With antitrust authorities increasingly concerned about the market power of Big Tech, these giants are now employing AI models to solidify their dominance. To ensure benefit to all, policymakers must establish essential ground rules.
Artificial Intelligence (AI) is advancing rapidly. Generative AI and large language models (LLMs) are being utilised to create novel services and enhance existing tasks, with the technology itself evolving at a breakneck pace. As Nobel laureate economist Michael Spence points out, this wave of adoption may bring substantial productivity gains after nearly two decades of lacklustre growth. Each day, we hear about breakthroughs like Google’s recent announcement that its AI has helped American Airlines reduce contrails by 54%, thereby lessening the environmental impact of each flight.
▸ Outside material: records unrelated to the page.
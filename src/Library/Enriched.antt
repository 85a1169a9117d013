-- ===== src/Library/Enriched.antt =====
-- What SaveMetadata and ApplyEnrichment write is what currentEnrichmentMerged reads.
use my_eink_library.Common.{
  ==_refl, Bool-cases, Option-cases, exists_of_found, find?, update, find?_holds, find?-append_none,
  find?-exists, find?-update_found, Text, text_eq, ℕ, zero, suc, ◌^◌, ◌≡◌, refl, ◌∙◌, ◌≢◌, inl, inr,
  Option, none, some, List, [], ◌∷◌, arith,
}
use my_eink_library.Library.Enrich.{set_source_status}
use my_eink_library.Library.Status.{
  column_status, column_chaptarr, column_hardcover, with_patch, blank_enrichment, put_enrichment,
  set_provider_status, StatusColumn, with_status, column_chaptarr, column_hardcover,
}
use my_eink_library.Library.Patch.{
  merged, MetadataPatch, or_none, coalesce, null_if_zero_int, null_if_zero_float, joined,
  enrichment_row, source_chaptarr, done, source_hardcover,
}
use my_eink_library.Library.{EnrichmentRow, BookRow, enrichment_of, Index}
use my_eink_library.Users.Listing.{or_empty}
use my_eink_library.Library.Genres.{null_if_empty-or_empty, IsReadable}
use my_eink_library.Users.{null_if_empty}

-- The columns as upsertEnrichment writes them: no text is empty, and no rating is the negative zero.
pub record IsStored (e : EnrichmentRow) : Type 0 where
  pub title_filled : e.title ≢ some []
  pub series_filled : e.series ≢ some []
  pub published_date_filled : e.published_date ≢ some []
  pub description_filled : e.description ≢ some []
  pub publisher_filled : e.publisher ≢ some []
  pub rating_positive : e.rating ≢ some (2 ^ 63)

abbrev pub AllStored : Option EnrichmentRow → Type 0
AllStored none = Unit {0}
AllStored (some e) = IsStored e

-- What a text column holds is read back, if an empty text stands only for one that was empty.
abbrev pub Replaces : Text → Text → Type 0
Replaces new old = new ≡ [] → old ≡ []

read_text :
    (f : Text) (old b : Option Text)
    → old ≢ some []
    → Replaces f (or_empty (coalesce old b))
    → or_empty (coalesce (null_if_empty f) b) ≡ f
read_text (c ∷ f) old b filled replaces = refl
read_text [] none b filled replaces = replaces refl
read_text [] (some []) b filled replaces = absurd (filled refl)
read_text [] (some (c ∷ s)) b filled replaces = absurd (cc (replaces refl))

read_own_text : (f : Text) → or_empty (coalesce (null_if_empty f) none) ≡ f
read_own_text [] = refl
read_own_text (c ∷ f) = refl

read_pages : (n : ℕ) → or_none (null_if_zero_int n) ≡ n
read_pages zero = refl
read_pages (suc n) = refl

read_rating : (r : ℕ) → r ≢ 2 ^ 63 → or_none (null_if_zero_float r) ≡ r
read_rating r h = ground (arith, h)

-- A patch that the row of a book can take up without loss.
pub record Fits (cur f : MetadataPatch) : Type 0 where
  pub title : Replaces f.title cur.title
  pub series : Replaces f.series cur.series
  pub published_date : Replaces f.published_date cur.published_date
  pub description : Replaces f.description cur.description
  pub publisher : Replaces f.publisher cur.publisher
  pub genres : IsReadable f.genres
  pub rating : f.rating ≢ 2 ^ 63

column_filled :
    (column : EnrichmentRow → Option Text) (e : Option EnrichmentRow)
    → ((r : EnrichmentRow) → IsStored r → column r ≢ some [])
    → AllStored e
    → joined column e ≢ some []
column_filled column none filled v h = cc h
column_filled column (some r) filled v h = filled r v h

pub merged-with_patch :
    (now : ℕ) (f : MetadataPatch) (status source : Text) (r : EnrichmentRow)
    (e : Option EnrichmentRow) (b : BookRow)
    → AllStored e
    → Fits (merged e b) f
    → merged (some (with_patch now f status source r)) b ≡ f
unfolding merged
merged-with_patch now f status source r e b v fits =
    rw
      (
        read_text f.title (joined (λ x. x.title) e) (some b.title)
            (column_filled (λ x. x.title) e (λ x s. s.title_filled) v) fits.title,
        read_text f.series (joined (λ x. x.series) e) b.series
            (column_filled (λ x. x.series) e (λ x s. s.series_filled) v) fits.series,
        read_text f.published_date (joined (λ x. x.published_date) e) b.published_date
            (column_filled (λ x. x.published_date) e (λ x s. s.published_date_filled) v)
            fits.published_date,
        read_text f.description (joined (λ x. x.description) e) b.description
            (column_filled (λ x. x.description) e (λ x s. s.description_filled) v) fits.description,
        read_text f.publisher (joined (λ x. x.publisher) e) b.publisher
            (column_filled (λ x. x.publisher) e (λ x s. s.publisher_filled) v) fits.publisher,
        fits.genres,
        read_pages f.pages,
        null_if_empty-or_empty f.isbn,
        read_rating f.rating fits.rating,
      )
      refl

put_last :
    (id now : ℕ) (f : EnrichmentRow → EnrichmentRow)
    → (f (blank_enrichment id now)).book_id ≡ id
    → find? (enrichment_of id) (f (blank_enrichment id now) ∷ [])
      ≡ some (f (blank_enrichment id now))
unfolding find?
put_last id now f kept = rw (kept, ==_refl id) refl

abbrev pub KeepsBook : (EnrichmentRow → EnrichmentRow) → Type 0
KeepsBook f = (r : EnrichmentRow) → (f r).book_id ≡ r.book_id

put_found :
    (id : ℕ) (f : EnrichmentRow → EnrichmentRow) (rows : List EnrichmentRow) (r : EnrichmentRow)
    → KeepsBook f
    → find? (enrichment_of id) rows ≡ some r
    → find? (enrichment_of id) (update (enrichment_of id) f rows) ≡ some (f r)
put_found id f rows r keeps found =
    find?-update_found (enrichment_of id) (enrichment_of id) f rows r found
      (find?_holds (enrichment_of id) rows r found) (λ x. rw (keeps x) refl)

-- The row of a book that is written is a row, old or new, on which the write was made.
pub find_put :
    (id now : ℕ) (f : EnrichmentRow → EnrichmentRow) (rows : List EnrichmentRow)
    → KeepsBook f
    → (r : EnrichmentRow) × (find? (enrichment_of id) (put_enrichment id now f rows) ≡ some (f r))
unfolding put_enrichment
find_put id now f rows keeps = elim (Option-cases (find? (enrichment_of id) rows)) [
  | inl missing ↦ (
    blank_enrichment id now,
    rw (put_enrichment, find?-exists (enrichment_of id) rows missing)
        (find?-append_none (enrichment_of id) rows (f (blank_enrichment id now) ∷ []) missing
          ∙ put_last id now f (keeps (blank_enrichment id now))),
  )
  | inr (r, found) ↦ (
    r,
    rw
        (
          put_enrichment,
          exists_of_found (enrichment_of id) (enrichment_of id) rows r found
              (find?_holds (enrichment_of id) rows r found),
        )
        (put_found id f rows r keeps found),
  )
]

pub find_put_again :
    (id now : ℕ) (f : EnrichmentRow → EnrichmentRow) (rows : List EnrichmentRow) (r : EnrichmentRow)
    → KeepsBook f
    → find? (enrichment_of id) rows ≡ some r
    → find? (enrichment_of id) (put_enrichment id now f rows) ≡ some (f r)
unfolding put_enrichment
find_put_again id now f rows r keeps found =
    rw
      (
        put_enrichment,
        exists_of_found (enrichment_of id) (enrichment_of id) rows r found
            (find?_holds (enrichment_of id) rows r found),
      )
      (put_found id f rows r keeps found)

-- A row of a book that reads like another one.
pub record ReadsLike (id : ℕ) (w : EnrichmentRow) (d : Index) : Type 0 where
  pub row : EnrichmentRow
  pub found : enrichment_row id d ≡ some row
  pub reads : (b : BookRow) → merged (some row) b ≡ merged (some w) b
  pub source : row.source ≡ w.source
  pub status : row.status ≡ w.status

set_provider_status-ReadsLike :
    (column : StatusColumn) (own_column : column ≢ column_status) (now id : ℕ) (status : Text)
    (w : EnrichmentRow) (d : Index)
    → enrichment_row id d ≡ some w
    → ReadsLike id w (set_provider_status column now id status d)
unfolding set_provider_status merged
set_provider_status-ReadsLike column_status own_column now id status w d found =
    absurd (own_column refl)
set_provider_status-ReadsLike column_chaptarr own_column now id status w d found = record {
  row = with_status column_chaptarr now status w;
  found =
      find_put_again id now (with_status column_chaptarr now status) d.book_enrichment w (λ r. refl)
        found;
  reads = λ b. refl;
  source = refl;
  status = refl;
}
set_provider_status-ReadsLike column_hardcover own_column now id status w d found = record {
  row = with_status column_hardcover now status w;
  found =
      find_put_again id now (with_status column_hardcover now status) d.book_enrichment w
        (λ r. refl) found;
  reads = λ b. refl;
  source = refl;
  status = refl;
}

pub set_source_status-ReadsLike :
    (now id : ℕ) (source : Text) (w : EnrichmentRow) (d : Index)
    → enrichment_row id d ≡ some w
    → ReadsLike id w (set_source_status now id source d)
unfolding set_source_status
set_source_status-ReadsLike now id source w d found =
    elim (Bool-cases (text_eq source source_chaptarr)) [
      | inl its ↦
          rw (set_source_status, its)
            (set_provider_status-ReadsLike column_chaptarr (λ e. cc e) now id done w d found)
      | inr other ↦ elim (Bool-cases (text_eq source source_hardcover)) [
        | inl its ↦
            rw (set_source_status, other, its)
              (set_provider_status-ReadsLike column_hardcover (λ e. cc e) now id done w d found)
        | inr neither ↦
            rw (set_source_status, other, neither)
              (record { row = w; found = found; reads = λ b. refl; source = refl; status = refl })
      ]
    ]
However, the news is not entirely positive. Currently, AI is more likely to further entrench the dominance of Big Tech companies. They possess the resources to develop and maintain the most formidable AI models, and they are rapidly integrating LLMs into their existing services. This occurs at a time when antitrust authorities worldwide are growing increasingly concerned about the market power wielded by tech companies.
Certainly, some observers, including a Google engineer in an internal memo, argue that these concerns are exaggerated due to the existence of open-source LLMs that theoretically allow anyone to enter the market. Nevertheless, even with a proliferation of smaller newcomers, the dominance of Big Tech seems unshaken. A recent study comparing open-source models to the AI application programming interface (API) services offered by Big Tech companies to third parties indicates that the latter outperform in most aspects.
While this situation may change in the future, presently, the top LLMs continue to improve their performance with increased investment, potentially reaching tipping points where they can unveil new and unexpected capabilities. Deep pockets do matter.
A challenge for policymakers
Given the sheer power of Big Tech in many countries, it is unsurprising that policymakers are grappling with the challenge of crafting forceful, effective, and coherent responses. In some jurisdictions, policymakers and industry leaders are embroiled in political standoffs. For instance, Meta (Facebook) recently blocked news links originating from Canada in response to the Canadian government’s requirement for platforms to compensate news publishers. A similar dispute took place earlier in Australia, where the government subsequently announced plans to fine online platforms for facilitating the spread of misinformation.
In the United Kingdom, a widely criticised “online safety bill” has led some tech companies to consider exiting the market altogether. In the United States, Congress has contemplated pro-competition interventions such as the proposed Open Markets Act, and the Biden administration’s newly activist antitrust authorities have filed various lawsuits against Google, Amazon, Meta, and Apple.
However, many policymakers have limited knowledge of AI, and their expertise often tends to be narrow. Most decision-makers lack a comprehensive understanding of the issue, making it difficult to formulate effective policies. Due to this knowledge gap and the inherent information asymmetry between regulators and the regulated, policy responses to specific issues are likely to remain inadequate, susceptible to lobbying, or hotly contested.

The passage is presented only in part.